«Campi nomadi, intervenga il prefetto»

Questione nomadi, una bomba a orologeria. Le dichiarazioni dell’assessore alle Politiche della Sicurezza Jean-Leonard Touadi sulla scelta di tenere segreti i luoghi dove sorgeranno i cosiddetti «Villaggi della solidarietà» ha suscitato ieri lo sdegno di una buona fetta dei gruppi politici capitolini. Dietro questa incredibile disposizione di celare le aree individuate persino ai consiglieri, sembra esserci il timore che i rappresentanti dei municipi e gli stessi residenti possano opporsi a una difficile convivenza con le baraccopoli. Quindi la scelta di evitare il confronto sembra essere quella meno imbarazzante. Ma non sono della stessa opinione Alleanza Nazionale e l’Udc.

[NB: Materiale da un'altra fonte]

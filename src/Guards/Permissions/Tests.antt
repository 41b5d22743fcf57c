-- ===== src/Guards/Permissions/Tests.antt =====
-- The permission guard on concrete requests.
use minepanel_backend.Common.{◌≡◌, refl, ◌↔◌, none, some, List, [], ◌∷◌}
use minepanel_backend.Http.{ok, err, forbidden, service_unavailable}
use minepanel_backend.Schema.{moderator, server_config, server_lifecycle, ModPermissionRow}
use minepanel_backend.Guards.Permissions.{permissions_guard}
use minepanel_backend.Guards.Permissions.Grants.{Allowed, permissions_guard_iff}

abbrev table : List ModPermissionRow
table =
    record {
      id = "g1";
      user_id = "mia";
      permission = server_config;
      server_id = some "lobby";
      created_at = 0;
    }
    ∷ []

passes_there :
    permissions_guard (some server_config) (some ("mia", moderator)) (some "lobby") (some table)
    ≡ ok tt
unfolding permissions_guard
passes_there = refl

refused_elsewhere :
    permissions_guard (some server_config) (some ("mia", moderator)) (some "arena") (some table)
    ≡ err (forbidden "Forbidden")
unfolding permissions_guard
refused_elsewhere = refl

unreadable :
    permissions_guard (some server_lifecycle) (some ("mia", moderator)) none none
    ≡ err (service_unavailable "Permission check unavailable")
unfolding permissions_guard
unreadable = refl

permissions_guard_iff_example :
    (permissions_guard (some server_config) (some ("mia", moderator)) (some "lobby") (some table)
      ≡ ok tt)
    ↔ Allowed (some server_config) (some ("mia", moderator)) (some "lobby") (some table)
permissions_guard_iff_example =
    permissions_guard_iff (some server_config) (some ("mia", moderator)) (some "lobby") (some table)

«Abbiamo chiesto un incontro al prefetto - spiega Dino Gasperini, capogruppo Udc in Campidoglio - per avere informazioni sulle aree identificate, che Touadi ha deciso incredibilmente di non comunicare a consiglieri e membri della Commissione Sicurezza del Comune e per chiedere che faccia rispettare lo Statuto e il regolamento comunale. Questo impone all’assessore di rispondere alle richieste dei consiglieri affinché possano svolgere le loro funzioni di indirizzo e controllo su argomenti così tanto importanti per la città».
Lunedì l’Udc presenterà l’autoconvocazione del Consiglio Comunale ed entro venti giorni sindaco e assessore saranno costretti a «sciogliere il mistero». Al prefetto, invece, si chiede di interrompere qualunque decisione sui nomadi prima del referendum avviato dall’Udc. Sull’argomento sono intervenuti anche i municipi. «Non si può che essere preoccupati per la confusione che Touadi genera nei cittadini di Roma e del Municipio XX», dice il presidente Massimiliano Fasoli, che è anche segretario romano dell’Udc. «Questo assessore deve andare via - continua -. Se queste decisioni fossero prese alla luce del sole, non si avrebbe alcuna necessità di operare come ladri di notte. Forse Touadi insieme a Marrazzo, Gasbarra e Veltroni pensano di realizzare qualche altra bravata, magari creando alla chetichella residence per la deportazione degli occupanti, come quelli che hanno costretto il XX Municipio a intervenire per evitare il corto circuito sociale». «Non c’è alcuna ragione di sicurezza o riservatezza che impedisca ai cittadini di conoscere cosa si agita nell’oscura commissione prefettizia - prosegue Fasoli - soprattutto dopo le rassicurazioni che di Villaggi non si sarebbe più parlato. L’unica pudicizia che dovrebbe animare Touadi è quella che dovrebbe fargli imboccare la porta di uscita per rassegnare le sue spontanee dimissioni».
Augusto Santori, consigliere An nel XV Municipio, sottolinea come nel suo territorio dopo ogni sgombero i campi si moltiplichino, creando sempre più disagio per i residenti. E se la prende con il presidente del municipio Paris. «Deve occuparsi meno di Partito Democratico - dice Santori - e più di tutelare le istanze del territorio che rappresenta. Forse dimentica che, prima di un esponente di una forza politica, resta un amministratore locale e per questo è chiamato a confrontarsi con le richieste dell’area che governa». «La scusante delle competenze non è più credibile - conclude il consigliere - questo municipio è esageratamente esposto a campi rom illegali. L’ultimo esempio arriva dalla stazione Muratella e da via Greve, che oggi sono invase dai nomadi sgomberati giorni fa dagli argini del fiume alla Magliana».